What is required: If a line includes "unfolding", copy it out of the entries.
——————————
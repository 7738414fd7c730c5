-- ===== src/Coap/Parse/Errors.antt =====
-- The codes that a parser of messages over UDP returns.
use knx_iot_stack.Prelude.{
  ℕ, zero, suc, ◌+◌, ◌*◌, ◌/◌, ◌%◌, ◌^◌, ◌≡◌, ◌≢◌, refl, subst, arith, Bool, true, false, List, [],
  ◌∷◌, ltb, length, take, drop, bit_and, bit_or, inl, inr, Bool-cases,
}
use knx_iot_stack.Coap.Options.{Read, got, overread, parse_option_header, is_payload_marker}
use knx_iot_stack.Coap.Packet.{
  Packet, unsupported_media_type, bad_option, no_options, bad_request, not_acceptable, empty_packet,
}
use knx_iot_stack.Coap.Parse.{
  Outcome, parsed, failed, overrun, overflow, out_of_fuel, go_on, take_option, note_option,
  parse_value, parse_behind, parse_one, parse_loop, parse_options, parse_token, udp_parse_message,
}

-- Not UNSUPPORTED_MEDIA_TYPE_4_15, and no payload after an option that was taken.
abbrev TakesNoPayload : Outcome → Type 0
TakesNoPayload (parsed pkt) = pkt.payload ≡ []
TakesNoPayload (failed unsupported_media_type pkt) = ⊥
TakesNoPayload (failed bad_request pkt) = Unit
TakesNoPayload (failed bad_option pkt) = Unit
TakesNoPayload (failed not_acceptable pkt) = Unit
TakesNoPayload overrun = Unit
TakesNoPayload overflow = Unit
TakesNoPayload out_of_fuel = Unit

-- Not UNSUPPORTED_MEDIA_TYPE_4_15.
abbrev IsSupported : Outcome → Type 0
IsSupported (parsed pkt) = Unit
IsSupported (failed unsupported_media_type pkt) = ⊥
IsSupported (failed bad_request pkt) = Unit
IsSupported (failed bad_option pkt) = Unit
IsSupported (failed not_acceptable pkt) = Unit
IsSupported overrun = Unit
IsSupported overflow = Unit
IsSupported out_of_fuel = Unit

take_option-TakesNoPayload :
    (inner outer : Bool) (number : ℕ) (value following : List ℕ) (pkt : Packet)
    → pkt.payload ≡ []
    → TakesNoPayload (take_option inner outer false number value following pkt)
unfolding take_option
take_option-TakesNoPayload inner outer number value following pkt h = ground arith

go_on-TakesNoPayload :
    (o : Outcome) (k : Packet → Outcome)
    → TakesNoPayload o
    → ((q : Packet) → q.payload ≡ [] → IsSupported (k q))
    → IsSupported (go_on o k)
go_on-TakesNoPayload (parsed pkt) k h f = f pkt h
go_on-TakesNoPayload (failed unsupported_media_type pkt) k h f = absurd h
go_on-TakesNoPayload (failed bad_request pkt) k h f = tt
go_on-TakesNoPayload (failed bad_option pkt) k h f = tt
go_on-TakesNoPayload (failed not_acceptable pkt) k h f = tt
go_on-TakesNoPayload overrun k h f = tt
go_on-TakesNoPayload overflow k h f = tt
go_on-TakesNoPayload out_of_fuel k h f = tt

module _ (max_app_data_size : ℕ) (inner outer : Bool) where
  parse_behind-IsSupported :
      (loop : List ℕ → ℕ → Packet → Outcome) (number : ℕ) (pkt : Packet) (r : Read (ℕ × ℕ))
      → ((rest : List ℕ) (n : ℕ) (q : Packet) → q.payload ≡ [] → IsSupported (loop rest n q))
      → pkt.payload ≡ []
      → IsSupported (parse_behind max_app_data_size inner outer false loop number pkt r)
  unfolding parse_behind note_option
  parse_behind-IsSupported loop number pkt overread h e = tt
  parse_behind-IsSupported loop number pkt (got (delta, len) rest) h e =
      elim (Bool-cases (ltb (length rest) len)) [
        | inl short ↦ rw (short, parse_value) tt
        | inr long ↦
            rw (long, parse_value)
              (go_on-TakesNoPayload
                (take_option inner outer false ((number + delta) % 2 ^ 32) (take len rest)
                  (drop len rest) (note_option ((number + delta) % 2 ^ 32) pkt))
                (loop (drop len rest) ((number + delta) % 2 ^ 32))
                (take_option-TakesNoPayload inner outer ((number + delta) % 2 ^ 32) (take len rest)
                  (drop len rest) (note_option ((number + delta) % 2 ^ 32) pkt) e)
                (λ q. h (drop len rest) ((number + delta) % 2 ^ 32) q))
      ]

  parse_loop-IsSupported :
      (fuel : ℕ) (bytes : List ℕ) (number : ℕ) (pkt : Packet)
      → pkt.payload ≡ []
      → IsSupported (parse_loop max_app_data_size inner outer false fuel bytes number pkt)
  unfolding parse_loop parse_one
  parse_loop-IsSupported zero bytes number pkt h = tt
  parse_loop-IsSupported (suc fuel) [] number pkt h = tt
  parse_loop-IsSupported (suc fuel) (b ∷ bytes) number pkt h =
      elim (Bool-cases (is_payload_marker b)) [
        | inl marker ↦ rw (marker, parse_one) tt
        | inr option ↦
            rw (option, parse_one)
              (parse_behind-IsSupported _ number pkt (parse_option_header (b ∷ bytes))
                (parse_loop-IsSupported fuel) h)
      ]

parse_token-IsSupported :
    (m token_len : ℕ) (bytes : List ℕ) (pkt : Packet)
    → pkt.payload ≡ []
    → IsSupported (parse_token m token_len bytes pkt)
unfolding parse_token parse_options
parse_token-IsSupported m token_len bytes pkt h = ground (
  arith,
  parse_loop-IsSupported m true true (suc (length (drop token_len bytes))) (drop token_len bytes) 0
      (record pkt { token = take token_len bytes; options = no_options }) h,
)

udp_parse_message-IsSupported : (m : ℕ) (bytes : List ℕ) → IsSupported (udp_parse_message m bytes)
unfolding udp_parse_message
udp_parse_message-IsSupported m [] = tt
udp_parse_message-IsSupported m (a ∷ []) = tt
udp_parse_message-IsSupported m (a ∷ b ∷ []) = tt
udp_parse_message-IsSupported m (a ∷ b ∷ c ∷ []) = tt
udp_parse_message-IsSupported m (a ∷ b ∷ c ∷ d ∷ bytes) =
    unfold empty_packet in
    parse_token-IsSupported m (bit_and a 0x0F) bytes
      (record empty_packet {
        version = bit_and a 0xC0 / 2 ^ 6;
        kind = bit_and a 0x30 / 2 ^ 4;
        code = b;
        mid = bit_or (c * 256) d;
      })
      refl

-- No message over UDP is refused with UNSUPPORTED_MEDIA_TYPE_4_15, whatever its Content-Format: the
-- payload is not yet known when the option is read.
pub udp_parse_message-supported :
    (max_app_data_size : ℕ) (bytes : List ℕ) (q : Packet)
    → udp_parse_message max_app_data_size bytes ≢ failed unsupported_media_type q
udp_parse_message-supported m bytes q e =
    subst IsSupported e (udp_parse_message-IsSupported m bytes)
——————————
Expected answer:
unfolding take_option
  unfolding parse_behind note_option
  unfolding parse_loop parse_one
unfolding parse_token parse_options
unfolding udp_parse_message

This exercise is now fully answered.